When last we left Tony, he had led a nasty caiman on a merry chase, faking it out at the last second.

Tony takes off, leaving the caiman to spit out stones.

The guys catch up to Tony, applauding. Tony bows.

JUAN

That was totally awesome!

CARLOS

I thought you were a goner.

RICKY

That was–

OLD FIN (O.S.)

Foolhardy.

Tony turns to see OLD FIN.

TONY

Grandfather.

OLD FIN

And dangerous. You must think you’re pretty hot stuff.

TONY

Escaped the jaws of death.

OLD FIN

You escaped an eating machine, son; an unthinking garbage disposal. And you risked everyone’s lives in the process.

TONY

It was just me and the caiman.

OLD FIN

You need to learn about taking responsibility for your actions; caring for the fish around you. Your father—

TONY

What about my father?

RICKY

Tony!

TONY

My father took responsibility for his community, and he got snatched by the Net. Maybe if he’d spent more time with his son and less on everyone else’s problems…

CARLOS

Easy, Tony.

Old Fin waves the boys off.

TONY

He was all about sacrifice, when it meant taking care of others, but when I needed him… You can keep your responsibility.

Old Fin reaches for Tony’s shoulder.

OLD FIN

I miss him, too. He had to be the fish he was destined to be. Just as you have to be the fish you will become.

TONY

That’s… C’mon guys.

The boys swim off.

OLD FIN

Destiny won’t wait, son. It happens whether you’re ready or not.
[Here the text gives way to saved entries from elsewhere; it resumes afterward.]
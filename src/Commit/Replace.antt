-- ===== src/Commit/Replace.antt =====
-- src/edit/commit/rename.rs: one replacement, one restoration, the states that recovery accepts, and
-- the removal of the transaction's directory.
use libopod.Base.{
  ℕ, zero, suc, ◌+◌, Bool, true, false, ◌&&◌, ◌||◌, not, Option, none, some, List, [],
}
use libopod.Base.Tests.{ltb, ◌==◌, if◌then◌else◌, passes_below}
use libopod.Commit.State.{
  File, Fingerprint, Slot, World, TransactionPhase, backing_up, installing, validating, committed,
  rolling_back, rolled_back, set_slot, is_some, is_none, fingerprint_matches,
}
use libopod.Commit.Effects.{Action, ◌>>◌, return, change, check}

-- The changes of one slot.
abbrev pub update_slot : ℕ → (Slot → Slot) → World → World
update_slot index f w = set_slot w index (f (w.slots index))

abbrev pub with_temporary : Option File → Slot → Slot
with_temporary t s = record s { temporary = t }

abbrev pub with_live : Option File → Slot → Slot
with_live t s = record s { live = t }

-- `fs::rename(target, backup)`
abbrev pub move_to_backup : Slot → Slot
move_to_backup s = record s { live = none; backup = s.live }

-- `fs::rename(temporary, target)`
abbrev pub publish : Slot → Slot
publish s = record s { live = s.temporary; temporary = none }

-- `fs::rename(backup, target)`
abbrev pub move_back : Slot → Slot
move_back s = record s { live = s.backup; backup = none }

abbrev pub drop_backup : Slot → Slot
drop_backup s = record s { backup = none }

-- A copy creates the file, and then fills it.
unfoldable pub write_installation_temporary : ℕ → File → Action (Unit {0})
write_installation_temporary index source = do
  change (update_slot index (with_temporary (some [])))
  change (update_slot index (with_temporary (some source)))

abbrev pub is_terminal : TransactionPhase → Bool
is_terminal committed = true
is_terminal rolled_back = true
is_terminal backing_up = false
is_terminal installing = false
is_terminal validating = false
is_terminal rolling_back = false

abbrev pub is_rolling_back : TransactionPhase → Bool
is_rolling_back rolling_back = true
is_rolling_back backing_up = false
is_rolling_back installing = false
is_rolling_back validating = false
is_rolling_back committed = false
is_rolling_back rolled_back = false

abbrev pub is_installing : TransactionPhase → Bool
is_installing installing = true
is_installing backing_up = false
is_installing validating = false
is_installing committed = false
is_installing rolling_back = false
is_installing rolled_back = false

-- whether the original of an output may be missing from its place, or be there alone
abbrev pub in_flight : TransactionPhase → ℕ → ℕ → Bool
in_flight phase installed index =
    is_rolling_back phase || is_installing phase && index + 1 == installed

module _ (sha256 : File → List ℕ) where
  unfoldable pub install_replacement : ℕ → File → Fingerprint → Fingerprint → Action (Unit {0})
  unfolding write_installation_temporary
  install_replacement index source output original = do
    change (update_slot index (with_temporary none))
    write_installation_temporary index source
    check λ w. fingerprint_matches sha256 (w.slots index).temporary output
    check λ w. fingerprint_matches sha256 (w.slots index).live original
    check λ w. is_none (w.slots index).backup
    change (update_slot index move_to_backup)
    check λ w. fingerprint_matches sha256 (w.slots index).backup original
    change (update_slot index publish)

  -- the state of one replacement that is neither committed nor rolled back
  unfoldable pub replacement_valid :
      TransactionPhase → ℕ → ℕ → Fingerprint → Fingerprint → Slot → Bool
  replacement_valid phase installed index output original slot =
      let original_matches = fingerprint_matches sha256 slot.live original in
      let output_matches = fingerprint_matches sha256 slot.live output in
      let attempted = ltb index installed in
      if not attempted
      then is_none slot.backup && original_matches
      else if is_some slot.backup
      then original_matches
        || output_matches
        || is_none slot.live && in_flight phase installed index
      else original_matches && in_flight phase installed index

  -- `if let Some(backup) = &backup { verify_file(backup, ..)? }`
  abbrev pub backup_verifies : Option File → Fingerprint → Bool
  backup_verifies none original = true
  backup_verifies (some backup) original = fingerprint_matches sha256 (some backup) original

  unfoldable pub validate_replacement :
      TransactionPhase → ℕ → ℕ → Fingerprint → Fingerprint → Slot → Bool
  unfolding replacement_valid
  validate_replacement committed installed index output original slot =
      fingerprint_matches sha256 slot.live output
  validate_replacement rolled_back installed index output original slot =
      fingerprint_matches sha256 slot.live original
  validate_replacement backing_up installed index output original slot =
      backup_verifies slot.backup original
      && replacement_valid backing_up installed index output original slot
  validate_replacement installing installed index output original slot =
      backup_verifies slot.backup original
      && replacement_valid installing installed index output original slot
  validate_replacement validating installed index output original slot =
      backup_verifies slot.backup original
      && replacement_valid validating installed index output original slot
  validate_replacement rolling_back installed index output original slot =
      backup_verifies slot.backup original
      && replacement_valid rolling_back installed index output original slot

-- the backups are removed, then a left-over journal temporary, then the journal, then the directory
unfoldable pub remove_backups : ℕ → Action (Unit {0})
remove_backups zero = return tt
remove_backups (suc n) = do remove_backups n; change (update_slot n drop_backup)

unfoldable pub remove_transaction_directory : Action (Unit {0})
unfolding remove_backups
remove_transaction_directory w =
    (do
      remove_backups w.targets
      change λ v. record v { journal_temporary = false }
      change λ v. record v { journal = none }
      change λ v. record v { directory = false })
      w

abbrev pub backups_empty : World → Bool
backups_empty w = passes_below (λ i. is_none (w.slots i).backup) w.targets

unfoldable pub remove_scaffold : Bool → Action Bool
remove_scaffold false = return false
remove_scaffold true = do
  change λ v. record v { journal_temporary = false }
  change λ v. record v { directory = false }
  return true

-- Without a journal, a directory with nothing but scaffolding is removed, which gives `true`.
unfoldable pub remove_empty_scaffold : Action Bool
unfolding remove_scaffold
remove_empty_scaffold w = remove_scaffold (is_none w.journal && backups_empty w) w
EXT. FURTHER ALONG THE RIVER – DUSK

Amongst the plants and rocks, four long pink legs extend to the surface. The boys take a wide berth, Tony lagging behind, kicking pebbles.

JUAN

Watch out. Danger from above.

Tony darts around the legs, but then he turns with a grin.

RICKEY

What’re you doing?

TONY

Nothing. Just stretching my fins.

Yawning, he tickles one of the feet.

EXT. ABOVE THE SURFACE – SAME TIME

The legs are attached to two cranes. SIDNEY screams and jumps into SEYMOUR’s wings.

SIDNEY

Something touched my leg!

Seymour angrily drops Sidney into the water.

SEYMOUR

You idiot. Those are just fish.

SIDNEY

Well, they’re cold and wet. It’s nasty.

SEYMOUR

Nasty? Sid, what are we?

Sidney thinks long and hard.

SIDNEY

Cousins?

SEYMOUR

Cranes, Sid.

SIDNEY

We’re not cousins?

SEYMOUR

Focus! What do cranes eat?

Sidney screws up his face, like his head’s about to explode.

SIDNEY

Hamburgers!

SEYMOUR

Fish! We eat fish!

Sidney whips out chopsticks.

SIDNEY

Sushi!

Seymour slaps the chopsticks away and then pushes Sid’s head into the water. Sid steps back, spluttering.

SEYMOUR

And this time, Sid, hold your breath.

Seymour plunges his head into the water, pulling up a fish, which he quickly swallows. The two start looking for dinner.

EXT. BELOW THE SURFACE – SAME TIME

Fish scatter in pandemonium. Clouds of silt explode from the riverbed as enormous bills dart from the surface and stab into the ground, slicing side to side to catch fish.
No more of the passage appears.